Article Text
Abstract
Background Immunotherapies blocking checkpoint receptors on T cells have demonstrated impressive activity in cancer patients, however, a significant population of patients do not respond to these therapies or develop acquired resistance over time. Therefore, alternate approaches to enhance T cell immunity are needed to broaden and deepen the current clinical response rates in patients. A potential promising approach is to target intracellular negative regulators of T cell receptor (TCR) signaling. Diacylglycerol (DAG) is a key second messenger that links TCR signal strength to the intensity and duration of signaling by the RAS-extracellular signal-regulated kinase (ERK)- and protein kinase C (PKC)-dependent pathways. Diacylglycerol kinase α (DGKα) is an intracellular lipid kinase that is enriched in T cells and functions as a key negative regulator of TCR signaling by catalyzing the conversion of DAG to phosphatidic acid (PA), thus attenuating DAG-mediated signaling. Inhibition of DGKα maintains levels of DAG following TCR stimulation and potentiates T cell activation. Here we describe a potential first-in-class, potent, highly selective and orally bioavailable inhibitor of DGKα.
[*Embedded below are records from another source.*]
-- ===== src/TaskRegistry.antt =====
-- backend/app/core/task_registry.py: `TaskRegistry`. Its lock makes each method one step, so a
-- method is an action on the registry. `Db` is the state of the attached store; what `save_task`
-- and `list_tasks` of the store do are parameters. Readings of `utc_now()` are arguments.
pub mod Rollback
pub mod Effect
pub mod Invariant
pub mod History
pub mod Restore
pub mod Recovery
pub mod Lookup
pub mod Progress
use mama_ai.Prelude.{
  ℕ, String, Bool, true, false, ◌&&◌, Option, none, some, List, [], ◌∷◌, ◌==◌, if◌then◌else◌,
  select, take, length, leb,
}
use mama_ai.Int.{ℤ, pos, negsuc}
use mama_ai.Text.{strip, is_empty}
use mama_ai.Dict
use mama_ai.Dict.{Dict}
use mama_ai.Result.{Exc, type_error, value_error, key_error, runtime_error, Result, ok, err}
use mama_ai.Exec.{
  Exec, pure, raise, lift, gets, or_raise, modify, or_restore, put_back, ◌>>=◌, ◌>>◌,
}
use mama_ai.Task.{
  TaskStatus, pending, running, waiting_approval, succeeded, failed, cancelled, rolled_back, Meta,
  text, TaskRequest, TaskResult, same,
}
use mama_ai.Task.Listing.{listing, check_limit, check_owner}
use mama_ai.Task.Record.{TaskRecord, from_request, transition, apply_result}

pub record TaskRegistry (J Db : Type 0) : Type 0 where
  pub records : Dict (TaskRecord J)
  pub store : Option Db
  pub persistence_enabled : Bool

-- `TaskRegistry._validate_task_id`
unfoldable pub validate_task_id : String → Result String
validate_task_id task_id =
    if is_empty (strip task_id)
    then err (value_error ("Task ID cannot be empty." ∷ []))
    else ok (strip task_id)

abbrev pub not_found : String → Exc
not_found task_id = key_error ("Task was not found: " ∷ task_id ∷ [])

-- `TaskRegistry._require_store`
abbrev pub require_store {ℓ} : {Db : Type ℓ} → Bool → Option Db → Result Db
require_store true (some db) = ok db
require_store _ _ = err (runtime_error ("Task persistence has not been enabled." ∷ []))

module _ {J Db : Type 0} where
  -- `TaskRegistry.__init__`
  abbrev pub new_registry : TaskRegistry J Db
  new_registry = record { records = []; store = none; persistence_enabled = false }

  abbrev pub set_record : String → TaskRecord J → TaskRegistry J Db → TaskRegistry J Db
  set_record id r s = record s { records = Dict.put id r s.records }

  abbrev pub pop_record : String → TaskRegistry J Db → TaskRegistry J Db
  pop_record id s = record s { records = Dict.pop id s.records }

  -- `attach` is the first half of `enable_persistence`
  unfoldable pub attach : Db → Exec (TaskRegistry J Db) (Unit {0})
  attach db s = (ok tt, record s { store = some db; persistence_enabled = true })

  -- `disable_persistence`
  unfoldable pub disable_persistence : Exec (TaskRegistry J Db) (Unit {0})
  disable_persistence s = (ok tt, record s { store = none; persistence_enabled = false })

  -- `TaskRegistry.get`; the record returned is a copy
  unfoldable pub get : String → Exec (TaskRegistry J Db) (Option (TaskRecord J))
  get task_id = do id ← lift (validate_task_id task_id); gets (λ s. Dict.get id s.records)

  -- `TaskRegistry.require`
  unfoldable pub require : String → Exec (TaskRegistry J Db) (TaskRecord J)
  require task_id = do found ← get task_id; or_raise found (not_found task_id)

  -- `TaskRegistry.clear`
  unfoldable pub clear : Exec (TaskRegistry J Db) (Unit {0})
  clear s = (ok tt, record s { records = [] })

  -- `TaskRegistry.list`
  unfoldable pub list :
      Option TaskStatus → Option String → Option ℤ → Exec (TaskRegistry J Db) (List (TaskRecord J))
  list status owner_id limit = do
    n ← lift (check_limit limit)
    owner ← lift (check_owner owner_id)
    gets (λ s. listing status owner n (Dict.values s.records))

  -- `TaskRegistry.count`
  unfoldable pub count : Option TaskStatus → Option String → Exec (TaskRegistry J Db) ℕ
  count status owner_id = do found ← list status owner_id none; pure (length found)

-- The methods that write, over what the attached store's `save_task` does.
module _ {J Db : Type 0} (save_task : TaskRecord J → Exec Db (Unit {0})) where
  unfoldable pub save_to : Result Db → TaskRecord J → Exec (TaskRegistry J Db) (Unit {0})
  save_to (err e) r s = (err e, s)
  save_to (ok db) r s = put_back (save_task r db) (λ db'. record s { store = some db' })

  -- `TaskRegistry._persist_locked`
  unfoldable pub persist : TaskRecord J → Exec (TaskRegistry J Db) (Unit {0})
  unfolding save_to
  persist r s =
      if s.persistence_enabled
      then save_to (require_store s.persistence_enabled s.store) r s
      else (ok tt, s)

  -- a write of one record, persisted or taken back
  unfoldable pub write_or :
      (TaskRegistry J Db → TaskRegistry J Db)
      → String
      → TaskRecord J
      → Exec (TaskRegistry J Db) (TaskRecord J)
  write_or restore id r = or_restore (modify (set_record id r) >> persist r) restore >> pure r

  -- the part of `register` behind the duplicate test
  unfoldable pub register_new :
      Option (TaskRecord J) → TaskRequest → Exec (TaskRegistry J Db) (TaskRecord J)
  register_new (some _) request =
      raise (value_error ("Task is already registered: " ∷ request.task_id ∷ []))
  register_new none request = do
    r ← lift (from_request request)
    write_or (pop_record request.task_id) request.task_id r

  -- `TaskRegistry.register`
  unfoldable pub register : TaskRequest → Exec (TaskRegistry J Db) (TaskRecord J)
  register request = do
    present ← gets (λ s. Dict.get request.task_id s.records)
    register_new present request

  -- The common body of `_transition` and `complete`: change the record under a key, persist it, and
  -- put the previous record back if either raises.
  unfoldable pub update :
      String → (TaskRecord J → Result (TaskRecord J)) → Exec (TaskRegistry J Db) (TaskRecord J)
  update id change = do
    found ← gets (λ s. Dict.get id s.records)
    previous ← or_raise found (not_found id)
    r ← or_restore (lift (change previous)) (set_record id previous)
    write_or (set_record id previous) id r

  -- `TaskRegistry._transition`
  unfoldable pub transition_task :
      String → TaskStatus → Option String → ℕ → Exec (TaskRegistry J Db) (TaskRecord J)
  transition_task task_id status message now = do
    id ← lift (validate_task_id task_id)
    update id (transition status message none now)

  -- `TaskRegistry.mark_running`
  unfoldable pub mark_running : String → ℕ → Exec (TaskRegistry J Db) (TaskRecord J)
  mark_running task_id now = transition_task task_id running none now

  -- `TaskRegistry.mark_waiting_approval`
  unfoldable pub mark_waiting_approval :
      String → String → ℕ → Exec (TaskRegistry J Db) (TaskRecord J)
  mark_waiting_approval task_id message now =
      transition_task task_id waiting_approval (some message) now

  -- `TaskRegistry.cancel`
  unfoldable pub cancel : String → String → ℕ → Exec (TaskRegistry J Db) (TaskRecord J)
  cancel task_id message now = transition_task task_id cancelled (some message) now

  -- `TaskRegistry.complete`; `now` and `later` are the readings of `apply_result`
  unfoldable pub complete : TaskResult J → ℕ → ℕ → Exec (TaskRegistry J Db) (TaskRecord J)
  complete result now later = update result.task_id (apply_result result now later)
Methods The proximal activity and specificity of Gilead’s inhibitor for enhancing the main TCR-driven transcriptional nodes was measured in Jurkat cell lines containing a luciferase reporter under the control of NFAT, NF-kB, or AP-1. To assess anti-tumor activity of the inhibitor in vitro, a three-dimensional GFP-expressing human breast tumor spheroid co-culture assay with CD8+ T cells was established. Tumor lysis was determined by assessing the reduction of GFP signal and supernatants were collected to measure IFN-γ and granzyme B production. In parallel, to further confirm the activation of T cells by the inhibitor, splenocytes from OT-I mice were stimulated and supernatants were collected for IL-2 quantification. Furthermore, Gilead’s inhibitor was evaluated in multiple mouse tumor models to assess anti-tumor efficacy as monotherapy and in combination with checkpoint antibodies.
Results Gilead’s DGKα inhibitor enhanced DAG-mediated TCR signaling pathways (AP-1 and NF-kB), leading to augmented T cell activation, as measured by increased IL-2, IFN-γ and granzyme B secretion, that resulted in increased T cell-dependent killing of tumor cells in vitro. In colorectal (CT26 and MC38) and melanoma (B16F10) mouse tumor models, the inhibitor demonstrated tumor growth inhibition as a monotherapy and improved the efficacy of α-PD-1 and α-CTLA-4.
Conclusions Specific inhibition of DGKα by Gilead’s inhibitor enhances effector T cell function, leading to robust tumor growth inhibition in mouse tumor models as a monotherapy and potentiating the activity of checkpoint blockade.